Wednesday, April 16, 2008

Imagine!


I recently spent two days celebrating with a wonderful friend as she turned 100. She was a schoolteacher, a farmer’s wife, a gardener and, when in her 30s, learned to pilot a small plane. She and her husband were married for 70 years. Lora still loves to fish, lives alone, reads and drives her car without the aid of glasses, will admit (reluctantly) to being a little hard of hearing, but is still sharp of mind and good of heart.
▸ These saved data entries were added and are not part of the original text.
-- ===== src/Mexc/Backfill/Fundings.antt =====
-- ingest/mexc/backfill.py, backfill_funding: the funding history of one symbol. The client is a
-- parameter, an action that gives the history. The semaphore and log lines are not modelled.
use shortfire.Prelude.{ℕ, String, Option, none, some, List, [], ◌∷◌, map}
use shortfire.Prelude.Decimals.{Decimal}
use shortfire.Prelude.Times.{Time, DateTime}
use shortfire.Domain.Market.{Funding}
use shortfire.Prelude.Keys.{eq_nat, eq_string, eq_pair}
use shortfire.Storage.{Database}
use shortfire.DeadLetter.{letter_key}
use shortfire.Effects.{M, return, ◌>>=◌, write}

pub record FundingRow : Type 0 where
  pub symbol : String
  pub settlement_ts : Time
  pub published_ts : Time
  pub rate : Decimal
  pub next_funding_ts : Option Time
  pub source : String
  pub quality_flag : String

-- conflict_columns=("symbol", "settlement_ts")
abbrev pub funding_key : FundingRow → String × Time
funding_key r = (r.symbol, r.settlement_ts)

abbrev pub time_of : Option DateTime → Option Time
time_of none = none
time_of (some t) = some t.micros

abbrev pub funding_row : Funding → FundingRow
funding_row f = record {
  symbol = f.symbol;
  settlement_ts = f.settlement_ts.micros;
  published_ts = f.published_ts.micros;
  rate = f.rate;
  next_funding_ts = time_of f.next_funding_ts;
  source = "mexc_native";
  quality_flag = "ok";
}

module _ (db : Database funding_key) (dlq : Database letter_key)
    (client : (symbol : String) → (since until : Time) → M db dlq (List Funding)) where
  -- `if not fundings: return 0`, or the write.
  abbrev pub write_fundings : List Funding → M db dlq ℕ
  write_fundings [] = return 0
  write_fundings (f ∷ fundings) = write "raw_mexc_funding" (map funding_row (f ∷ fundings))

  unfoldable pub backfill_funding : (symbol : String) → (since until : Time) → M db dlq ℕ
  backfill_funding symbol since until = do
    fundings ← client symbol since until
    write_fundings fundings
Here’s a portrait of her for Totally Optional Prompt’s suggestion: write about a person.


Lora Remembers

100 years of mornings,
of sunrises that spilled liquid gold
down Vermont’s rugged hillsides;
dew that sparkled on a million
summer spider webs; a cow’s warm
breath on her hands and the warmer
milk; fishing the wily creeks and still
ponds at her father’s side;
running up the hill to school;
McGuffy’s First Reader and lunch in a blue
lard bucket; boarding as the teacher;
rain that turned dirt roads to mud;
riding a hay rake, a baler, a plow;
70 years of marriage, of cooking and
washing and mending, of quilting
and knitting and sewing;
driving a Model-T;
flying solo in a small plane;
barn raisings and song fests and gramophones
and new-fangled radios; television and jet planes
and a cruise to Alaska 85 years after
that first morning 100 years ago.

She remembers 100 years of evenings,
of listening to the nightjar whistle,
of scarlet sunsets and sparking fireflies;
dashing to the half-moon door in the
darkness; carrying a lantern up the cold
back stairs; woodstoves and hand pumps
and knee-deep snows; sugaring-off in spring;
summer nights so hot you slept on a blanket
on the lawn; darkness so pure you could
count the stars; nights of terror when fire
struck; nights of music and dancing, of kitchen junkets;
of family suppers; lonely nights, nights of weeping
and missing her man; nights of wondering, pondering
the future, the meaning of it all; nights of remembering
family and old friends gone on before—

100 years of living behind her. Now she looks ahead.